Highlights & Insights

  1. Exploiting the max-min = min-max equivalence: In RL, value functions are non-concave in the policy, precluding direct application of the minimax theorem; however, equivalence holds in the regularized setting via a specialized construction.
  2. Closed-form weight update: Negative-entropy regularization combined with a KL-divergence Bregman yields a closed-form softmax solution, eliminating the iterative overhead of projected gradient descent.
  3. GGF-PPO as a special case: When \(\tau_w = 0\) and \(D_\psi(w, w_t)\) is removed, the proposed method reduces to GGF-PPO (with \(w\) becoming a one-hot vector).
  4. Last-iterate convergence: More practically useful than average-iterate convergence—the final policy can be deployed directly without maintaining a historical average.

Limitations & Future Work

  1. Theoretical analysis of ARAM is left for future work; current convergence guarantees apply only to ERAM in the tabular setting.
  2. The regularization coefficients \(\tau\) and \(\tau_w\) introduce approximation error; the optimal solution deviates from the unregularized case by a term linear in \(\tau\) and \(\tau_w\).
  3. Theoretical analysis in the tabular setting does not directly extend to deep RL (though empirical PPO substitution proves effective).
  4. For large \(K\) (Asym-16: \(K=16\)), performance gaps narrow; scaling efficiency to even larger \(K\) remains to be verified.
  5. The sample complexity \(\tilde{O}(K / ((1-\gamma)^3 \epsilon^6 \epsilon_{acc}^2))\) has a strong dependence on \(\epsilon\).
  • vs. Park et al. (2024): The latter employs a double loop with zeroth-order gradient estimation and projected gradient descent, guaranteeing only average-iterate convergence. The proposed method uses a single loop with closed-form updates and last-iterate convergence, achieving approximately 95% efficiency gains.
  • vs.
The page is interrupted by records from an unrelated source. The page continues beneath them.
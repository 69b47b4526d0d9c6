-- ===== src/Version/Atomic.antt =====
-- The read-modify-write loops of the version word act at once on the value in memory.
use yakushima.Common.{
  sym, subst, some_inj, ◌∙◌, ==_refl, ◌+◌, ◌%◌, ◌≡◌, refl, true, false, List, [], ◌∷◌, some, arith,
  Bool-cases, inl, inr, ap,
}
use yakushima.Version.{
  VersionBody, Attempt, Exchange, image, exchanges, exchange_loop, lock, unlock, released, bit,
  counter_mod, equal, set_locked,
}
use yakushima.Version.Layout.{IsBody, equal_iff}

-- Every value that an attempt sees has its counters in range.
abbrev pub AreBodies : List Attempt → Type 0
AreBodies [] = Unit
AreBodies (a ∷ later) = IsBody a.loaded × IsBody a.found × AreBodies later

exchanges-found :
    (v : VersionBody) (a : Attempt) → IsBody v → IsBody a.found → exchanges v a ≡ true → a.found ≡ v
exchanges-found v a p q h = (equal_iff q p).0 (ground arith)

-- A loop that returns has replaced the value that it found in memory by the update of that very
-- value, whatever the other threads did between its rounds.
exchange_loop-atomic :
    (f : VersionBody → VersionBody) (v : VersionBody) (rounds : List Attempt) {x : Exchange}
    → IsBody v
    → AreBodies rounds
    → exchange_loop f v rounds ≡ some x
    → x.after ≡ f x.before
unfolding exchange_loop
exchange_loop-atomic f v [] p q h = absurd (ground arith)
exchange_loop-atomic f v (a ∷ later) {x} p q h = elim (Bool-cases (exchanges v a)) [
  | inl won ↦
      let same : a.found ≡ v = exchanges-found v a p q.1 won in
      let this : record { before = a.found; after = f v } ≡ x = some_inj (rw won at h) in
      sym (ap (λ (y : Exchange). y.after) this)
      ∙ ap f (sym same)
      ∙ ap (λ (y : Exchange). f y.before) this
  | inr lost ↦ exchange_loop-atomic f a.found later q.1 q.2 (rw lost at h)
]

-- What a release leaves: no lock and no mark, a section that was marked counted once, the other
-- fields as they were.
pub record Released (v w : VersionBody) : Type 0 where
  pub locked : w.locked ≡ false
  pub inserting_deleting : w.inserting_deleting ≡ false
  pub splitting : w.splitting ≡ false
  pub vinsert_delete :
      w.vinsert_delete ≡ (v.vinsert_delete + bit v.inserting_deleting) % counter_mod
  pub vsplit : w.vsplit ≡ (v.vsplit + bit v.splitting) % counter_mod
  pub deleted : w.deleted ≡ v.deleted
  pub root : w.root ≡ v.root
  pub border : w.border ≡ v.border

pub released-Released : (v : VersionBody) → IsBody v → Released v (released v)
unfolding released
released-Released v p = ground arith

-- If `unlock` returns, it has released the value that it found in memory: one exchange clears the
-- lock and both marks, counts each marked section modulo `2 ^ 29`, and keeps the other fields.
pub unlock-Released :
    (v : VersionBody) (rounds : List Attempt) {x : Exchange}
    → IsBody v
    → AreBodies rounds
    → unlock v rounds ≡ some x
    → IsBody x.before
    → Released x.before x.after
unfolding unlock
unlock-Released v rounds {x} p q h b =
    subst (Released x.before) (sym (exchange_loop-atomic released v rounds p q h))
      (released-Released x.before b)

-- `lock` returns only by an exchange of a value that was not locked for the same value locked.
pub lock_lem :
    (rounds : List Attempt) {x : Exchange}
    → AreBodies rounds
    → lock rounds ≡ some x
    → (x.before.locked ≡ false) × (x.after ≡ set_locked true x.before)
unfolding lock
lock_lem [] q h = absurd (ground arith)
lock_lem (a ∷ later) {x} q h = elim (Bool-cases a.loaded.locked) [
  | inl busy ↦ lock_lem later q.2 (rw busy at h)
  | inr free ↦ elim (Bool-cases (exchanges a.loaded a)) [
    | inl won ↦
        let same : a.found ≡ a.loaded = exchanges-found a.loaded a q.0 q.1 won in
        let this : record { before = a.found; after = set_locked true a.loaded } ≡ x =
          some_inj (rw (won, free) at h) in
        (
          ap (λ (y : Exchange). y.before.locked) (sym this)
              ∙ ap (λ (b : VersionBody). b.locked) same
              ∙ free,
          sym (ap (λ (y : Exchange). y.after) this)
              ∙ ap (set_locked true) (sym same)
              ∙ ap (λ (y : Exchange). set_locked true y.before) this,
        )
    | inr lost ↦ lock_lem later q.2 (rw (lost, free) at h)
  ]
]

-- A loop ends at the latest with the second of two rounds that find the same value, unless the
-- exchange fails spuriously: another thread's update, or a spurious failure, is behind each round
-- more.
exchange_loop-returns :
    (f : VersionBody → VersionBody) (v : VersionBody) (a b : Attempt) (later : List Attempt)
    → b.found ≡ a.found
    → b.spurious ≡ false
    → (x : Exchange) × (exchange_loop f v (a ∷ b ∷ later) ≡ some x)
unfolding exchange_loop equal
exchange_loop-returns f v a b later same sure = elim (Bool-cases (exchanges v a)) [
  | inl won ↦ (record { before = a.found; after = f v }, rw won)
  | inr lost ↦
      let wins : exchanges a.found b ≡ true =
        rw (ap image same, ==_refl (image a.found), sure) refl in
      (record { before = b.found; after = f a.found }, rw (lost, wins))
]

-- `unlock` ends at the latest with the second of two rounds that find the same value, if the second
-- exchange does not fail spuriously.
pub unlock-returns :
    (v : VersionBody) (a b : Attempt) (later : List Attempt)
    → b.found ≡ a.found
    → b.spurious ≡ false
    → (x : Exchange) × (unlock v (a ∷ b ∷ later) ≡ some x)
unfolding unlock
unlock-returns v a b later same sure = exchange_loop-returns released v a b later same sure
GGF-PPO (Siddique et al., 2021): GGF-PPO optimizes only the worst dimension per batch (one-hot \(w\)); this work simultaneously considers multiple dimensions via entropy regularization.
  • vs. APMD (Abe et al., 2024): APMD assumes smooth monotone games, which does not apply to RL where value gradients are non-monotone.
  • Insight: The game-theoretic perspective connects MORL to equilibrium computation; the regularization technique (negative entropy → closed-form solution) is also worth borrowing for other constrained RL problems.

Rating

⭐⭐⭐⭐⭐ (5/5)

The paper tightly integrates theory and practice: the game-theoretic reformulation is elegant, the closed-form weight update is practical, and the last-iterate convergence guarantee represents a meaningful advance. Experiments on real-world traffic signal control substantially outperform baselines, with a 95% memory reduction and 65% training time reduction offering strong practical value. The adaptive regularization in ARAM further enhances performance. Code is publicly available.